Have a plan. Most salespeople make plans for achieving sales objectives. They carefully outline who their target accounts are, what their sales potential is with each of these accounts, and when the sale should close. This considerable planning effort keeps them focused and ensures a higher probability of success. This is enough when the economy is in full swing. You need another plan to be prepared when things are tough. As this year closes and you are forecasting for next year, develop your backup plan. Sure you expect everything to go well. What are you going to do if it doesn’t happen? Have you considered building in a margin for failure? This additional margin comes from adding accounts that are additional possibilities of sales. You’ve got to have more potential to pursue when business looks like it will get tougher.
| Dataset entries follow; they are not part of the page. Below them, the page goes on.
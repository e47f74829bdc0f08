-- ===== src/Samples.antt =====
-- Data that the examples share.
use remote_monitoring_tool.Prelude.{true, none, codes}
use remote_monitoring_tool.LogEntry.{LogEntry, Junk, cpu, mem}
use remote_monitoring_tool.Disk.{Disk}
use remote_monitoring_tool.ClientHandler.{ClientInfo}

abbrev pub first : LogEntry
first = record {
  id = 1;
  process_name = codes "chrome.exe";
  timestamp_ms = 1700;
  log_type = cpu;
  value = 12000;
}

abbrev pub second : LogEntry
second = record {
  id = 2;
  process_name = codes "chrome.exe";
  timestamp_ms = 1700;
  log_type = mem;
  value = 900;
}

abbrev pub junk : Junk
junk = record { entry = second; temp_number = 77; number = 99 }

abbrev pub empty_disk : Disk
empty_disk = record { content = λ p. none; writable = λ p. true; renamable = λ a b. true }

abbrev pub client : ClientInfo
client = record {
  client_id = 1;
  client_socket = 5;
  client_ip = codes "10.0.0.7";
  client_port = 4242;
}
It may be too late for this year, but next year you won’t be caught short.
Losing may be new to you. The salespeople I know are a very competitive group of people. The game of sales isn’t customer versus salesperson. It’s salesperson versus himself. And just like most competitive people, salespeople are not good losers. It’s tough to admit to yourself that you’re losing the game when you’re falling short of meeting your sales objectives. It’s to be expected that you’ll get depressed. Just make sure that your pity party is short lived. It helps to be able to discuss your misery with others. Be selective with whom you share your anguish. Some customers want to associate only with “winners” and strong companies. If they sense you are less than that, or if your company is vulnerable, they might want to do business with another company. A good manager should hear your concern as an opportunity to offer support and ideas, not criticism. If you expect to be chastised by your manager, pick someone else to share your feelings. W! ith whomever you speak, present your feelings from the perspective of needing to unburden your feelings, not being angry. While I don’t recommend getting accustomed to losing, you should remember that selling failure isn’t lethal.
Focus on what you have, not what you lack. Can you remember why you first considered sales as a career? It may have been the independence and need to control at least some part of your day. Perhaps it was the need to face new challenges every day. You may enjoy the process of selling. Some get a great deal of joy participating on a selling team. When things are going poorly, that is the time to remember both extrinsic and intrinsic rewards. The intrinsic rewards of selling are your sales. The extrinsic rewards are what you get from the process of selling. We tend to focus on and measure our worth only by the intrinsic rewards. Selling satisfaction comes not only from sales results, but also from what the process of selling does for us.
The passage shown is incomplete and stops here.